Les travailleurs dans ces luttes – de Warrior Met Coal, de l'hôpital St. Vincent de Worcester, Massachusetts, aux métallurgistes d'ATI, et aux travailleurs d'ExxonMobil, en passant par les travailleurs d’Amazon et de l'automobile – sont tous confrontés au même défi. Pour faire avancer leur combat, de nouvelles organisations de lutte, contrôlées démocratiquement par la base et défendant les méthodes de la lutte de classe, et non de la collaboration de classe, doivent être construites.
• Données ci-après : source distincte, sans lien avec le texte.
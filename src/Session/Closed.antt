-- ===== src/Session/Closed.antt =====
-- A session that was closed.
use exasol_gateway_sdk.Errors.{Error, protocol_error, text}
use exasol_gateway_sdk.Base.{
  ℕ, ◌+◌, ◌%◌, ◌^◌, if_true, if_false, not-true, not-false, List, [], ◌∷◌, Bool, true, false, not,
  ◌≡◌, refl, ap, ◌∙◌,
}
use exasol_gateway_sdk.Base.Outcome.{ok, err}
use exasol_gateway_sdk.Base.State.{and_then, refused_lem, passed_lem}
use exasol_gateway_sdk.Frame.Message.{MessageType}
use exasol_gateway_sdk.Frame.Message
use exasol_gateway_sdk.Session.{Arrow}
use exasol_gateway_sdk.Session.Request.{
  Connection, Impl, request, close_session, exchange, rethrown, uncertain_outcome, on_connection,
}
use exasol_gateway_sdk.Session.Calls.{Call, run_all}
use exasol_gateway_sdk.Session.Traverse.{Contract}
use exasol_gateway_sdk.Session.Traverse.Run.{run-Ends}

abbrev pub session_closed : Error
session_closed = record { category = protocol_error; message = text "SessionGW session is closed" }

module _ {C : Type 0} (net : Connection C) where
  pub request-closed :
      (type : MessageType) (payload : List ℕ) (expected : MessageType) (u : Bool) (s : Impl C)
      → s.closed ≡ true
      → request net type payload expected u s ≡ (err session_closed, s)
  unfolding request
  request-closed type payload expected u s closed =
      refused_lem (not s.closed) "SessionGW session is closed" s _ (not-true s.closed closed)

  -- On an open session, the id is taken and the exchange is made.
  pub request-exchange :
      (type : MessageType) (payload : List ℕ) (expected : MessageType) (u : Bool) (s : Impl C)
      → s.closed ≡ false
      → request net type payload expected u s
        ≡ rethrown (uncertain_outcome u s.next_request_id) (
            exchange net type s.next_request_id payload expected
              (record s { next_request_id = (s.next_request_id + 1) % 2 ^ 64 }))
  unfolding request
  request-exchange type payload expected u s opened =
      passed_lem (not s.closed) "SessionGW session is closed" s _ (not-false s.closed opened)

  pub close_session-closed : (s : Impl C) → s.closed ≡ true → close_session net s ≡ (ok tt, s)
  unfolding close_session
  close_session-closed s closed = if_true s.closed (ok tt, s) _ closed

  -- `close` on an open session: the request, and if it succeeds, the flag and the connection.
  pub close_session-request :
      (s : Impl C)
      → s.closed ≡ false
      → close_session net s
        ≡ and_then
            (request net Message.close [] Message.ok false s)
            (λ _ t. on_connection net.close (record t { closed = true }))
  unfolding close_session
  close_session-request s opened = if_false s.closed (ok tt, s) _ opened

  module _ {Schema RecordBatch : Type 0} (arrow : Arrow Schema RecordBatch) where
    stays : (z : Impl C) → z.closed ≡ true → Contract (λ s. s ≡ z) (λ _ _. Unit {0}) (Unit {0}) net
    stays z closed = record {
      own = λ u e h. tt;
      asked = λ type payload expected u s same.
          rw same (rw (request-closed type payload expected u z closed) (refl, tt));
      closing = λ s same. rw same (rw (close_session-closed z closed) (refl, tt));
    }

    -- Once a session is closed, no call changes anything: the session and its connection, to which
    -- nothing is sent, are as they were, whatever the calls.
    pub run_all-closed :
        (calls : List (Call Schema)) (s : Impl C) → s.closed ≡ true → run_all net arrow calls s ≡ s
    unfolding run_all
    run_all-closed [] s closed = refl
    run_all-closed (call ∷ calls) s closed =
        ap (run_all net arrow calls) (run-Ends _ _ _ net arrow (stays s closed) call s refl).0
        ∙ run_all-closed calls s closed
Le Socialist Equality Party, SEP (Parti de l’égalité socialiste) et le WSWS donneront aux travailleurs les informations dont ils ont besoin, aideront à établir les lignes de communication pour coordonner l'action commune et fourniront toute l'aide nécessaire pour développer et étendre la lutte des classes. Nous encourageons vivement les travailleurs de Volvo à rejoindre et à élargir le comité de base des travailleurs de Volvo et le réseau croissant de comités de base aux États-Unis et dans le monde entier.